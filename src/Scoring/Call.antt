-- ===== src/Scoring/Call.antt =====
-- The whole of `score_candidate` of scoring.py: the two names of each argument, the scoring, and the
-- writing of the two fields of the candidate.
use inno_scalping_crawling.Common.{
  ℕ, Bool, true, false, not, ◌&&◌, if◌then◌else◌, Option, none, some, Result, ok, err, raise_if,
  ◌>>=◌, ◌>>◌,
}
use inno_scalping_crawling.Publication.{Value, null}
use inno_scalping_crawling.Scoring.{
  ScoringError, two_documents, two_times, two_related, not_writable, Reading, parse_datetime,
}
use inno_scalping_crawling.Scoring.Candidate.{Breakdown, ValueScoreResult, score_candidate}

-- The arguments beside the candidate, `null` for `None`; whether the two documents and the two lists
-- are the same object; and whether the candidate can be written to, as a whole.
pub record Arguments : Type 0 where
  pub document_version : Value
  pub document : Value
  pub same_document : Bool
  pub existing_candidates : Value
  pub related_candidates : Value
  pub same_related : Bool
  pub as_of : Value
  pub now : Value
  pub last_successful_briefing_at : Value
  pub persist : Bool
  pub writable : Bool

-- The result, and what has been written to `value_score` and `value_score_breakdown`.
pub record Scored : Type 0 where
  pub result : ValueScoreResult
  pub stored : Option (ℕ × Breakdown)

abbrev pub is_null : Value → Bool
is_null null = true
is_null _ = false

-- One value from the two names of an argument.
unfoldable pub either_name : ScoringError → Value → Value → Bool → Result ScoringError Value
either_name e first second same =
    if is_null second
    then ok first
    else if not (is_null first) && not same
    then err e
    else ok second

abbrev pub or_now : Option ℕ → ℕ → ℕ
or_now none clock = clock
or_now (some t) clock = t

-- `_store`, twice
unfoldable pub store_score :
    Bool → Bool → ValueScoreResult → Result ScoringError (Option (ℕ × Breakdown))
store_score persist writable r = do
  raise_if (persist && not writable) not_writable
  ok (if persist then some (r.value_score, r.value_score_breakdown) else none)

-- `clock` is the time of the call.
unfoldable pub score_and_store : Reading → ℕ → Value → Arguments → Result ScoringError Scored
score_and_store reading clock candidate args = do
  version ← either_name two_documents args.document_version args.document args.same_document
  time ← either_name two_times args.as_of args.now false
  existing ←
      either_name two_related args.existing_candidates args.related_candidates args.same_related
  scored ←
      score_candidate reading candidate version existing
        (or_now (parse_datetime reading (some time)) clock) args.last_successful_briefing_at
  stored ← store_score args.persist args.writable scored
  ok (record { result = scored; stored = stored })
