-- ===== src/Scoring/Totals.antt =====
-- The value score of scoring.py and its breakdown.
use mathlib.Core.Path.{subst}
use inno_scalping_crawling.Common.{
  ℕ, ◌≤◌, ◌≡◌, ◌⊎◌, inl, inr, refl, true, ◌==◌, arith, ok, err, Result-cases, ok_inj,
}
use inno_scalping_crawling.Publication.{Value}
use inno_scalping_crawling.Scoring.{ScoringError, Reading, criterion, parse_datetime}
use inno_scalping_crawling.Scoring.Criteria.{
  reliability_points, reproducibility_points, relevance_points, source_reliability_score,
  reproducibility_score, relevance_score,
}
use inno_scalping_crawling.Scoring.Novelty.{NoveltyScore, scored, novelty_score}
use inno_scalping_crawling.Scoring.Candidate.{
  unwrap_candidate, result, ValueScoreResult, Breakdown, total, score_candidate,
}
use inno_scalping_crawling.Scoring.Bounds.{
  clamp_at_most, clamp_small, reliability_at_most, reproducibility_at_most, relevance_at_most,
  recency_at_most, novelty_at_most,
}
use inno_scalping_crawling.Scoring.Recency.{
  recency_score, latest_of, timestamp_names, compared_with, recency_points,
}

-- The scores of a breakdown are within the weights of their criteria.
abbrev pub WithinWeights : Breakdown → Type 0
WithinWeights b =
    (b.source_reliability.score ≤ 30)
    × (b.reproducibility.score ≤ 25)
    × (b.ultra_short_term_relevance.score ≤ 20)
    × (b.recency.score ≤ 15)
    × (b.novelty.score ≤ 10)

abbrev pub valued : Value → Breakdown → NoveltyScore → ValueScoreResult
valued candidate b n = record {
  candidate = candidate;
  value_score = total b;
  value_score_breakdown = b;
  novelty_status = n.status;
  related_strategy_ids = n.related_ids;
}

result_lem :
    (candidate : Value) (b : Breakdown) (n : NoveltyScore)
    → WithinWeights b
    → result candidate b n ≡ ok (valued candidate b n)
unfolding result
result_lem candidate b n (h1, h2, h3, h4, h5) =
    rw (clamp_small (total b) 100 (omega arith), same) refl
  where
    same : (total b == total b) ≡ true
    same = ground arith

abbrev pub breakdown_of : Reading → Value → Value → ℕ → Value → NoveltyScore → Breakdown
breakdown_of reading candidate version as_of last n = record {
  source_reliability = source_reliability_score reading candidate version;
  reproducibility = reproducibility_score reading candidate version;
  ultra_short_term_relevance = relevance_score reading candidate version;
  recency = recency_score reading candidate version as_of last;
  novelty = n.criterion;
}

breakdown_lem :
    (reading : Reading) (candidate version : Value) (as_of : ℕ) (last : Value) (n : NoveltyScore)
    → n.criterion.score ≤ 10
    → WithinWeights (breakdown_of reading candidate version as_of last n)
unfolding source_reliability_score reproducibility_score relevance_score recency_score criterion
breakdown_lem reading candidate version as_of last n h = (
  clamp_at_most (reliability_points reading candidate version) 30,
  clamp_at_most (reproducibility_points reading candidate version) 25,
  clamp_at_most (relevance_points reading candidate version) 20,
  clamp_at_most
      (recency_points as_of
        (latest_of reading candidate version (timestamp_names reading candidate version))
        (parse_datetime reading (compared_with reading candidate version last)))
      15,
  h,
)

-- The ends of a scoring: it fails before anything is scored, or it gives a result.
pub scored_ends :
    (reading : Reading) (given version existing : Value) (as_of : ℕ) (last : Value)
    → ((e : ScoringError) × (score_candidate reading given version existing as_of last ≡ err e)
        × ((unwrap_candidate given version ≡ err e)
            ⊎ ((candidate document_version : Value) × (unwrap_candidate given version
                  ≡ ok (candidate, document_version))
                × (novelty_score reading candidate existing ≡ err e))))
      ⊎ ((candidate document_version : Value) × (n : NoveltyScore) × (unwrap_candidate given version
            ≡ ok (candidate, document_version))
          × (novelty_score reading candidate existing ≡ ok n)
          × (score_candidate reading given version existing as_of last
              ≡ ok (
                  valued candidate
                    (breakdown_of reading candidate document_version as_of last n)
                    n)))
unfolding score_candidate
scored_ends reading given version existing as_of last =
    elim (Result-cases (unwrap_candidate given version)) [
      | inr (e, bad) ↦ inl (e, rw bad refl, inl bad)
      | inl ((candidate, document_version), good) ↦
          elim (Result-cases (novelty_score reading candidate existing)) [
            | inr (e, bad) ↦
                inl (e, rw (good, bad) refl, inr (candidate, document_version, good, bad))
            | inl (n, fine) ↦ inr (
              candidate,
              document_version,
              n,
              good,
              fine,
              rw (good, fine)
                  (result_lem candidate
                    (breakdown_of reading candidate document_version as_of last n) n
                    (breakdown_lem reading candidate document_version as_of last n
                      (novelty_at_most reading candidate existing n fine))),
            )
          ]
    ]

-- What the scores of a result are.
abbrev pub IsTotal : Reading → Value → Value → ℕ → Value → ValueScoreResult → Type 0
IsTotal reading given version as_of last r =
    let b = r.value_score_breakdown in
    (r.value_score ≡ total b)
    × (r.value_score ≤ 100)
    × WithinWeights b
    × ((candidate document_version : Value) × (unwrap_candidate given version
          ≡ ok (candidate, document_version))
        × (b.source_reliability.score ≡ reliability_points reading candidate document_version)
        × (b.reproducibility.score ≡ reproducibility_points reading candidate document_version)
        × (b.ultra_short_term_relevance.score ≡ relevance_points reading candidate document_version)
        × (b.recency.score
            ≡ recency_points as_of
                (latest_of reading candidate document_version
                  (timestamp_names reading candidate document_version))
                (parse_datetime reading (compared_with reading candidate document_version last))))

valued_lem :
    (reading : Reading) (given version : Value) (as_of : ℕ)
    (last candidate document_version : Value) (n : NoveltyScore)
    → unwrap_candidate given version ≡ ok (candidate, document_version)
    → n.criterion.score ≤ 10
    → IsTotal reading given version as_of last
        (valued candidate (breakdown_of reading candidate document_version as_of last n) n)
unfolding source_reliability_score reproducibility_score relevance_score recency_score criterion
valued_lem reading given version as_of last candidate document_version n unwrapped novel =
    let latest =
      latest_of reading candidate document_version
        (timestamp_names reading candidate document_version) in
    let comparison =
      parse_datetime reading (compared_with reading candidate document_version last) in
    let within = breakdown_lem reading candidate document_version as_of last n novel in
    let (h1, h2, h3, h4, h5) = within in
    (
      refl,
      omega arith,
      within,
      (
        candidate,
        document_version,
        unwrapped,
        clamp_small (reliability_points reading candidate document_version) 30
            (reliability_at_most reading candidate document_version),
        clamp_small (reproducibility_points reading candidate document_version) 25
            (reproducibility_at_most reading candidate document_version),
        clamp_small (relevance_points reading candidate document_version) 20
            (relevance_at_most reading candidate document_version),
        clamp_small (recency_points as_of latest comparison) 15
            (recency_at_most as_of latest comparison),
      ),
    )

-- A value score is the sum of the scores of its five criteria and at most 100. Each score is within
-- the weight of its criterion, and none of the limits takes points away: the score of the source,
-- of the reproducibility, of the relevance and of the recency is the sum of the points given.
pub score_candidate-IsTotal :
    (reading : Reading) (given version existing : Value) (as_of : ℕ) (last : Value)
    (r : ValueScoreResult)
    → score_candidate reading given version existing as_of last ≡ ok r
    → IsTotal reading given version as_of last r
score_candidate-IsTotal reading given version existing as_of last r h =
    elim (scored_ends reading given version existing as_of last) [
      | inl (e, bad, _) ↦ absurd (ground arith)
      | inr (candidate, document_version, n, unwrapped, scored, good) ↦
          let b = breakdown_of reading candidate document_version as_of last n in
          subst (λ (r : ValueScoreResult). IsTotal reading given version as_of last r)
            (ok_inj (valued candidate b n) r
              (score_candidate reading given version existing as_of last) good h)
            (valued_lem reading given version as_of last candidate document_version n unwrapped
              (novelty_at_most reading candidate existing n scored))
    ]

--------

> Exercise prompt
The reply should hold only the lines from the beginning of the listing above through the line with "or_now none clock = clock", each one written exactly as it appears.

> Task solution
filename src/Scoring/Call.antt
-- ===== src/Scoring/Call.antt =====
-- The whole of `score_candidate` of scoring.py: the two names of each argument, the scoring, and the
-- writing of the two fields of the candidate.
use inno_scalping_crawling.Common.{
  ℕ, Bool, true, false, not, ◌&&◌, if◌then◌else◌, Option, none, some, Result, ok, err, raise_if,
  ◌>>=◌, ◌>>◌,
}
use inno_scalping_crawling.Publication.{Value, null}
use inno_scalping_crawling.Scoring.{
  ScoringError, two_documents, two_times, two_related, not_writable, Reading, parse_datetime,
}
use inno_scalping_crawling.Scoring.Candidate.{Breakdown, ValueScoreResult, score_candidate}

-- The arguments beside the candidate, `null` for `None`; whether the two documents and the two lists
-- are the same object; and whether the candidate can be written to, as a whole.
pub record Arguments : Type 0 where
  pub document_version : Value
  pub document : Value
  pub same_document : Bool
  pub existing_candidates : Value
  pub related_candidates : Value
  pub same_related : Bool
  pub as_of : Value
  pub now : Value
  pub last_successful_briefing_at : Value
  pub persist : Bool
  pub writable : Bool

-- The result, and what has been written to `value_score` and `value_score_breakdown`.
pub record Scored : Type 0 where
  pub result : ValueScoreResult
  pub stored : Option (ℕ × Breakdown)

abbrev pub is_null : Value → Bool
is_null null = true
is_null _ = false

-- One value from the two names of an argument.
unfoldable pub either_name : ScoringError → Value → Value → Bool → Result ScoringError Value
either_name e first second same =
    if is_null second
    then ok first
    else if not (is_null first) && not same
    then err e
    else ok second

abbrev pub or_now : Option ℕ → ℕ → ℕ
or_now none clock = clock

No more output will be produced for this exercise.